Interactive Investor

Why housebuilders are off the boil

14th October 2016 13:21

Lee Wild from interactive investor

Share prices have soared Friday, led by Tesco, Man Group and the miners, at least partially repairing the damage done by a three-day sell-off this week. However, gains would have been more impressive but for grim construction data, which has demolished the housebuilders.

According to the Office for National Statistics (ONS), construction output fell by 1.5% in August from July, much worse than forecasts for 0.2% growth. We're told not to read too much into one month's data, but even the three-month number shows a decrease of 1.3% from the previous period.

It's hardly panic stations, but shares in both Countrywide and Crest Nicholson have fallen 1.5% Friday, and there are losses at Galliford Try, Bovis Homes, Taylor Wimpey and Bellway. Only Persimmon and Barratt Developments are better.

All are still way above their post-referendum lows, true, but momentum has clearly been lost from the recovery in recent weeks.

And that's despite the latest RICS survey which showed a further rebound in activity following the summer lull. The buyer enquiries balance swung from -4.8 in August to +8.3 last month and both sales and price expectations increased in September.

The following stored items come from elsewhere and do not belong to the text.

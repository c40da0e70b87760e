-- ===== src/Descriptors/Validator/Parts.antt =====
-- What the parts of the validation show: the paths of the artifacts and the claims.
use runtime_lab_core.Prelude.{
  String, ◌≡◌, refl, sym, ap, true, false, List, [], ◌∷◌, ok, raise, require-pass, Bool-cases, inl,
  inr, arith, contains, All,
}
use runtime_lab_core.Json.{Value, str, arr, obj, Items, nil, cons, Fields, strings, get, is_str-eq}
use runtime_lab_core.Json.Access.{
  is_texts, are_texts, checked_get, has_only, text_or_empty, is_nonblank, nonblank_at,
}
use runtime_lab_core.PosixPath
use runtime_lab_core.Descriptors.Schema.{
  validate_artifacts, is_path_below, is_artifact_path, artifact_fields,
}
use runtime_lab_core.Descriptors.Validator.{TextTools, contains_forbidden_claim, item_claims}

-- A relative path without `..` under a root.
pub record IsBelow (path root : String) : Type 0 where
  pub relative : PosixPath.is_absolute (PosixPath.parse path) ≡ false
  pub inside : contains (PosixPath.parts (PosixPath.parse path)) ".." ≡ false
  pub below : PosixPath.is_relative_to path root ≡ true

-- Every item is an artifact with a path below the root.
pub AreArtifacts : String → Items → Type 0
AreArtifacts root nil = Unit
AreArtifacts root (cons v vs) =
    ((d : Fields) × (path : String) × (v ≡ obj d)
      × (get "logical_path" d ≡ str path)
      × IsBelow path root)
    × AreArtifacts root vs

-- `["a", ...]`, read back
are_texts-eq : (vs : Items) (ss : List String) → are_texts vs ss ≡ true → vs ≡ strings ss
are_texts-eq nil [] e = refl
are_texts-eq (cons v vs) (s ∷ ss) e = ground (arith, e, is_str-eq v s, are_texts-eq vs ss)
are_texts-eq nil (s ∷ ss) e = absurd cc
are_texts-eq (cons v vs) [] e = absurd cc

pub is_texts-eq : (v : Value) (ss : List String) → is_texts v ss ≡ true → v ≡ arr (strings ss)
is_texts-eq (arr vs) ss e = ap arr (are_texts-eq vs ss e)
is_texts-eq _ ss e = absurd cc

is_path_below-IsBelow : (path root : String) → is_path_below path root ≡ true → IsBelow path root
unfolding is_path_below
is_path_below-IsBelow path root e = record {
  relative = ground (arith, e);
  inside = ground (arith, e);
  below = ground (arith, e);
}

-- A value that is not blank is a text.
nonblank_str : (v : Value) → is_nonblank v ≡ true → v ≡ str (text_or_empty v)
nonblank_str (str s) e = refl
nonblank_str _ e = absurd cc

is_artifact_path-below :
    (path root : String)
    → is_artifact_path path (arr (cons (str root) nil)) ≡ true
    → is_path_below path root ≡ true
unfolding is_artifact_path
is_artifact_path-below path root e = ground (arith, e)

module _ (limits : Fields) (root : String)
    (given : get "allowed_roots" limits ≡ arr (cons (str root) nil)) where
  pub validate_artifacts-AreArtifacts :
      (items : Items) → validate_artifacts (obj limits) items ≡ ok tt → AreArtifacts root items
  unfolding validate_artifacts AreArtifacts checked_get
  validate_artifacts-AreArtifacts nil e = tt
  validate_artifacts-AreArtifacts (cons (obj item) rest) e =
      let path = text_or_empty (get "logical_path" item) in
      let (_, e1) = require-pass (has_only artifact_fields item) _ _ e in
      let (named, e2) = require-pass (nonblank_at artifact_fields item) _ _ e1 in
      let (there, e3) = require-pass (is_artifact_path path (get "allowed_roots" limits)) _ _ e2 in
      (
        (
          item,
          path,
          refl,
          nonblank_str (get "logical_path" item) (ground (arith, named)),
          is_path_below-IsBelow path root (is_artifact_path-below path root (rw (sym given) there)),
        ),
        validate_artifacts-AreArtifacts rest e3,
      )
  validate_artifacts-AreArtifacts (cons _ rest) e = absurd cc

module _ (tools : TextTools) where
  -- A list of texts of which none makes a forbidden claim.
  pub IsModest : Value → Type 0
  IsModest v =
      (texts : List String) × (v ≡ arr (strings texts))
      × All (λ s. contains_forbidden_claim tools s ≡ false) texts

  item_claims-modest :
      (items : Items)
      → item_claims tools items ≡ ok tt
      → (texts : List String) × (items ≡ strings texts)
        × All (λ s. contains_forbidden_claim tools s ≡ false) texts
  item_claims-modest nil e = ([], refl, tt)
  item_claims-modest (cons (str s) rest) e = elim (Bool-cases (contains_forbidden_claim tools s)) [
    | inl claimed ↦ absurd (ground (arith, e, claimed))
    | inr modest ↦
        let (texts, same, free) = item_claims-modest rest (rw modest at e) in
        (s ∷ texts, ap (cons (str s)) same, (modest, free))
  ]
  item_claims-modest (cons _ rest) e = absurd cc

  pub value_claims-IsModest :
      (v : Value)
      → elim v [ arr items ↦ item_claims tools items | _ ↦ raise "TypeError" ] ≡ ok tt
      → IsModest v
  unfolding IsModest
  value_claims-IsModest (arr items) e =
      let (texts, same, free) = item_claims-modest items e in (texts, ap arr same, free)
  value_claims-IsModest _ e = absurd cc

"The recovery in the survey is not unexpected, in our view, and reflects the uncertain environment in the run-up to and post the EU referendum in June, with conditions having now shown signs of normalising," explains broker UBS.

The decline in ONS construction data was driven largely by a 5.1% dive in historically volatile infrastructure output, which had actually risen by 6.1% the month before. The annual figure shows a decline of 9.3%, the sixth consecutive month of year-on-year decreases.

But ONS senior statistician Kate Davies points out that the monthly construction data can be "quite erratic", adding: "As the fall this month is led by infrastructure, it seems unlikely that post-referendum uncertainties are having an impact."

And UBS still believes UK housebuilders "look attractive" given general net cash balance sheets. Still down around 20% since June, the sector trades on 1.4 times price/tangible net asset value (P/TNAV) on 2017 estimates, a price/earnings (PE) ratio of 7.4 times, and dividend yield of 7%.

"Trading patterns since the referendum show sales rates up c3% year-on-year for the sector average, despite the tough comparison basis from 2015," says UBS. "The secondary market indicators have generally been weaker, which we believe in part likely reflects changes in stamp duty legislation. The RICS survey reflects the secondary market and suggests some sequential improvement in this regard."

This article is for information and discussion purposes only and does not form a recommendation to invest or otherwise. The value of an investment may fall. The investments referred to in this article may not be suitable for all investors, and if in doubt, an investor should seek advice from a qualified investment adviser.